[What you have to do]:
Return each line of the records below in which the string "cases" turns up.

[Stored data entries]
|---|

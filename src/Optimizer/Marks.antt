-- ===== src/Optimizer/Marks.antt =====
-- Masks over the points of the code, and the stack of the search in `RemoveUnreachable`.
use lpc_interpreter.Prelude.{
  ℕ, zero, suc, ◌+◌, ◌≤◌, ◌<◌, ◌≡◌, ◌≢◌, refl, ap, ◌⊎◌, inl, inr, Bool, true, false, not, ◌&&◌,
  List, [], ◌∷◌, length, ltb, set, replicate, Bool-cases, arith,
}
use lpc_interpreter.Prelude.Int.{ℤ, pos, negsuc}
use lpc_interpreter.Mir.{MirOp}
use lpc_interpreter.Verifier.Enqueue.{◌∈◌}
use lpc_interpreter.Optimizer.Base.{marked}
use lpc_interpreter.Optimizer.Unreachable.{push_target, push_targets, flow_targets}

pub marked-lt : (t : List Bool) (i : ℕ) → marked t i ≡ true → i < length t
marked-lt [] i h = cc
marked-lt (x ∷ t) zero h = omega arith
marked-lt (x ∷ t) (suc i) h = omega (arith, marked-lt t i h)

pub marked-set_self : (t : List Bool) (i : ℕ) → i < length t → marked (set t i true) i ≡ true
marked-set_self [] i h = elim h [ ]
marked-set_self (x ∷ t) zero h = refl
marked-set_self (x ∷ t) (suc i) h = marked-set_self t i (omega arith)

pub marked-set : (t : List Bool) (i j : ℕ) → marked t j ≡ true → marked (set t i true) j ≡ true
marked-set [] i j h = h
marked-set (x ∷ t) zero zero h = refl
marked-set (x ∷ t) zero (suc j) h = h
marked-set (x ∷ t) (suc i) zero h = h
marked-set (x ∷ t) (suc i) (suc j) h = marked-set t i j h

pub marked-set_ne :
    (t : List Bool) (i j : ℕ) → j ≢ i → marked (set t i true) j ≡ true → marked t j ≡ true
marked-set_ne [] i j ne h = h
marked-set_ne (x ∷ t) zero zero ne h = absurd (ne refl)
marked-set_ne (x ∷ t) zero (suc j) ne h = h
marked-set_ne (x ∷ t) (suc i) zero ne h = h
marked-set_ne (x ∷ t) (suc i) (suc j) ne h = marked-set_ne t i j (omega arith) h

pub not-marked-replicate : (n i : ℕ) → marked (replicate n false) i ≢ true
not-marked-replicate zero i h = cc
not-marked-replicate (suc n) zero h = cc
not-marked-replicate (suc n) (suc i) h = not-marked-replicate n i h

unfoldable pub unmarked : List Bool → ℕ
unmarked [] = 0
unmarked (true ∷ t) = unmarked t
unmarked (false ∷ t) = suc (unmarked t)

pub unmarked-set :
    (t : List Bool) (i : ℕ)
    → marked t i ≡ false
    → i < length t
    → unmarked (set t i true) + 1 ≡ unmarked t
unfolding unmarked
unmarked-set [] i h lt = elim lt [ ]
unmarked-set (true ∷ t) zero h lt = cc
unmarked-set (false ∷ t) zero h lt = omega arith
unmarked-set (true ∷ t) (suc i) h lt = unmarked-set t i h (omega arith)
unmarked-set (false ∷ t) (suc i) h lt = omega (arith, unmarked-set t i h (omega arith))

pub unmarked-replicate : (n : ℕ) → unmarked (replicate n false) ≡ n
unfolding unmarked
unmarked-replicate zero = refl
unmarked-replicate (suc n) = ap suc (unmarked-replicate n)

-- Point j is among the targets.
abbrev pub HasTarget : ℕ → List ℤ → Type 0
HasTarget j [] = ⊥
HasTarget j (t ∷ ts) = (t ≡ pos j) ⊎ HasTarget j ts

push_target-keeps :
    (vis : List Bool) (t : ℤ) (work : List ℕ) (j : ℕ) → j ∈ work → j ∈ push_target vis t work
unfolding push_target
push_target-keeps vis (negsuc t) work j m = m
push_target-keeps vis (pos t) work j m =
    elim (Bool-cases (ltb t (length vis) && not (marked vis t))) [
      | inl e ↦ rw e (inr m)
      | inr e ↦ rw e m
    ]

pub push_targets-keeps :
    (vis : List Bool) (ts : List ℤ) (work : List ℕ) (j : ℕ)
    → j ∈ work
    → j ∈ push_targets vis ts work
unfolding push_targets
push_targets-keeps vis [] work j m = m
push_targets-keeps vis (t ∷ ts) work j m =
    push_targets-keeps vis ts (push_target vis t work) j (push_target-keeps vis t work j m)

push_target_self :
    (vis : List Bool) (j : ℕ) (work : List ℕ)
    → j < length vis
    → (marked vis j ≡ true) ⊎ (j ∈ push_target vis (pos j) work)
unfolding push_target
push_target_self vis j work lt = elim (Bool-cases (marked vis j)) [
  | inl e ↦ inl e
  | inr e ↦
      let inside : (ltb j (length vis) && not (marked vis j)) ≡ true = ground arith in
      inr (rw inside (inl refl))
]

-- Every target in range is marked or on the stack.
pub push_targets-all :
    (vis : List Bool) (ts : List ℤ) (work : List ℕ) (j : ℕ)
    → HasTarget j ts
    → j < length vis
    → (marked vis j ≡ true) ⊎ (j ∈ push_targets vis ts work)
unfolding push_targets
push_targets-all vis [] work j h lt = absurd h
push_targets-all vis (t ∷ ts) work j (inl e) lt = elim (push_target_self vis j work lt) [
  | inl m ↦ inl m
  | inr m ↦ inr (push_targets-keeps vis ts (push_target vis t work) j (rw e m))
]
push_targets-all vis (t ∷ ts) work j (inr h) lt =
    push_targets-all vis ts (push_target vis t work) j h lt

pub length-push_targets :
    (vis : List Bool) (ts : List ℤ) (work : List ℕ)
    → length (push_targets vis ts work) ≤ length work + length ts
unfolding push_targets push_target
length-push_targets vis [] work = omega arith
length-push_targets vis (negsuc t ∷ ts) work = omega (arith, length-push_targets vis ts work)
length-push_targets vis (pos t ∷ ts) work =
    elim (Bool-cases (ltb t (length vis) && not (marked vis t))) [
      | inl e ↦ rw e (omega (arith, length-push_targets vis ts (t ∷ work)))
      | inr e ↦ rw e (omega (arith, length-push_targets vis ts work))
    ]

pub length-flow_targets : (op : MirOp) (a b : ℤ) (pc : ℕ) → length (flow_targets op a b pc) ≤ 2
unfolding flow_targets
length-flow_targets MirOp.jump a b pc = omega arith
length-flow_targets _ a b pc = omega arith
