-- ===== src/Heap/Marked.antt =====
-- What marking adds to the marks: the slots that its starting points lead to.
use lpc_interpreter.Prelude.{
  ℕ, ◌+◌, ◌≤◌, ◌≡◌, ◌⊎◌, inl, inr, true, List, [], ◌∷◌, some, length, arith,
}
use lpc_interpreter.Value.Word.{Value}
use lpc_interpreter.Optimizer.Marks.{unmarked}
use lpc_interpreter.Heap.Pools.{Heap, Kind, Slot, size, refs, target}
use lpc_interpreter.Heap.Mark.{Marks, has_mark}

abbrev pub On : Marks → Slot → Type 0
On m s = has_mark m s ≡ true

abbrev pub Among : Value → List Value → Type 0
Among v [] = ⊥
Among v (w ∷ ws) = (v ≡ w) ⊎ Among v ws

-- Slot t is what one of the values refers to.
abbrev pub Points : Heap → List Value → Slot → Type 0
Points h vs t = (v : Value) × Among v vs × (target h v ≡ some t)

-- Slot s holds a value that refers to slot t.
abbrev pub Edge : Heap → Slot → Slot → Type 0
Edge h s t = Points h (refs h s) t

pub data Trail (h : Heap) : Slot → Slot → Type 0 where
  here : {s : Slot} → Trail h s s
  via : {s t u : Slot} → Edge h s t → Trail h t u → Trail h s u

abbrev pub From : Heap → (Slot → Type 0) → Slot → Type 0
From h R s = (r : Slot) × R r × Trail h r s

abbrev pub Fits : Heap → Marks → Type 0
Fits h m = (k : Kind) → length (m k) ≡ size h k

unfoldable pub unmarked_slots : Marks → ℕ
unmarked_slots m =
    unmarked (m Kind.strings)
    + unmarked (m Kind.arrays)
    + unmarked (m Kind.mappings)
    + unmarked (m Kind.classes)
    + unmarked (m Kind.objects)
    + unmarked (m Kind.closures)
    + unmarked (m Kind.boxed_ints)

-- Marks m' come from m by marking from the slots of R.
pub record Marked (h : Heap) (R : Slot → Type 0) (m m' : Marks) : Type 0 where
  pub roots : (s : Slot) → R s → On m' s
  pub grows : (s : Slot) → On m s → On m' s
  pub closed : (s : Slot) → On m' s → On m s ⊎ ((t : Slot) → Edge h s t → On m' t)
  pub only : (s : Slot) → On m' s → On m s ⊎ From h R s
  pub fewer : unmarked_slots m' ≤ unmarked_slots m
  pub fits : Fits h m'

module _ (h : Heap) where
  pub Marked-none :
      {R : Slot → Type 0} {m : Marks} → ((s : Slot) → ¬ R s) → Fits h m → Marked h R m m
  Marked-none empty f = record {
    roots = λ s r. absurd (empty s r);
    grows = λ s on. on;
    closed = λ s on. inl on;
    only = λ s on. inl on;
    fewer = omega arith;
    fits = f;
  }

  pub Marked-iff :
      {R S : Slot → Type 0} {m m' : Marks}
      → ((s : Slot) → R s → S s)
      → ((s : Slot) → S s → R s)
      → Marked h R m m'
      → Marked h S m m'
  Marked-iff to back a = record {
    roots = λ s r. a.roots s (back s r);
    grows = a.grows;
    closed = a.closed;
    only = λ s on. elim (a.only s on) [
      | inl old ↦ inl old
      | inr (r, in_r, path) ↦ inr (r, to r in_r, path)
    ];
    fewer = a.fewer;
    fits = a.fits;
  }

  pub Marked-join :
      {R S : Slot → Type 0} {m m₁ m₂ : Marks}
      → Marked h R m m₁
      → Marked h S m₁ m₂
      → Marked h (λ s. R s ⊎ S s) m m₂
  Marked-join a b = record {
    roots = λ s r. elim r [ inl x ↦ b.grows s (a.roots s x) | inr y ↦ b.roots s y ];
    grows = λ s on. b.grows s (a.grows s on);
    closed = λ s on. elim (b.closed s on) [
      | inl before ↦ elim (a.closed s before) [
        | inl old ↦ inl old
        | inr all ↦ inr (λ t e. b.grows t (all t e))
      ]
      | inr all ↦ inr all
    ];
    only = λ s on. elim (b.only s on) [
      | inl before ↦ elim (a.only s before) [
        | inl old ↦ inl old
        | inr (r, in_r, path) ↦ inr (r, inl in_r, path)
      ]
      | inr (r, in_s, path) ↦ inr (r, inr in_s, path)
    ];
    fewer = omega (arith, a.fewer, b.fewer);
    fits = b.fits;
  }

|---|

[Exercise response]:
  List, [], ◌∷◌, length, ltb, set, replicate, Bool-cases, arith,
    elim (Bool-cases (ltb t (length vis) && not (marked vis t))) [
push_target_self vis j work lt = elim (Bool-cases (marked vis j)) [
    elim (Bool-cases (ltb t (length vis) && not (marked vis t))) [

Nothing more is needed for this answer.